• What you are asked to do:
For the records below, report how many lines include "Option", with no accompanying text.

(Saved data entries)
★ ★ ★ ★
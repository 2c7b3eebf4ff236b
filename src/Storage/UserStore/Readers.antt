-- ===== src/Storage/UserStore/Readers.antt =====
-- What the readers find for a known user and for an unknown one.
use lumendark.Common.{ℕ, ◌≡◌, false, true, none, some, Decimal, leb_ℤ, ok, Option-cases, inl, inr}
use lumendark.Common.Dict.{lookup}
use lumendark.Models.Order.{Asset}
use lumendark.Models.User.{User}
use lumendark.Storage.UserStore.{UserStore, can_allocate, can_withdraw, get_available, reading}
use lumendark.Storage.UserStore.Holdings.{holding, asset_eqb}

module _ (st : UserStore) (u : ℕ) {us : User} (known : lookup u st ≡ some us) where
  pub can_allocate_known :
      (x : Asset) (amount : Decimal)
      → asset_eqb x x ≡ true
      → can_allocate u x amount st ≡ ok (leb_ℤ amount (holding st u x).available)
  unfolding can_allocate holding
  can_allocate_known Asset.a amount real = rw (reading, known)
  can_allocate_known Asset.b amount real = rw (reading, known)
  can_allocate_known (Asset.other t) amount real = cc

  pub can_withdraw_known :
      (x : Asset) (amount : Decimal)
      → asset_eqb x x ≡ true
      → can_withdraw u x amount st ≡ ok (leb_ℤ amount (holding st u x).available)
  unfolding can_withdraw holding
  can_withdraw_known Asset.a amount real = rw (reading, known)
  can_withdraw_known Asset.b amount real = rw (reading, known)
  can_withdraw_known (Asset.other t) amount real = cc

  get_available_known :
      (x : Asset) → asset_eqb x x ≡ true → get_available u x st ≡ ok (holding st u x).available
  unfolding get_available holding
  get_available_known Asset.a real = rw (reading, known)
  get_available_known Asset.b real = rw (reading, known)
  get_available_known (Asset.other t) real = cc

module _ (st : UserStore) (u : ℕ) (x : Asset) (unknown : lookup u st ≡ none) where
  pub can_withdraw_unknown : (amount : Decimal) → can_withdraw u x amount st ≡ ok false
  unfolding can_withdraw
  can_withdraw_unknown amount = rw (reading, unknown)

  get_available_unknown : get_available u x st ≡ ok (holding st u x).available
  unfolding get_available holding
  get_available_unknown = rw (reading, unknown)

-- The available balance is read as it is held, for every user.
pub get_available_lem :
    (st : UserStore) (u : ℕ) (x : Asset)
    → asset_eqb x x ≡ true
    → get_available u x st ≡ ok (holding st u x).available
get_available_lem st u x real = elim (Option-cases (lookup u st)) [
  | inl unknown ↦ get_available_unknown st u x unknown
  | inr (us, known) ↦ get_available_known st u known x real
]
★ ★ ★ ★
• Result:
2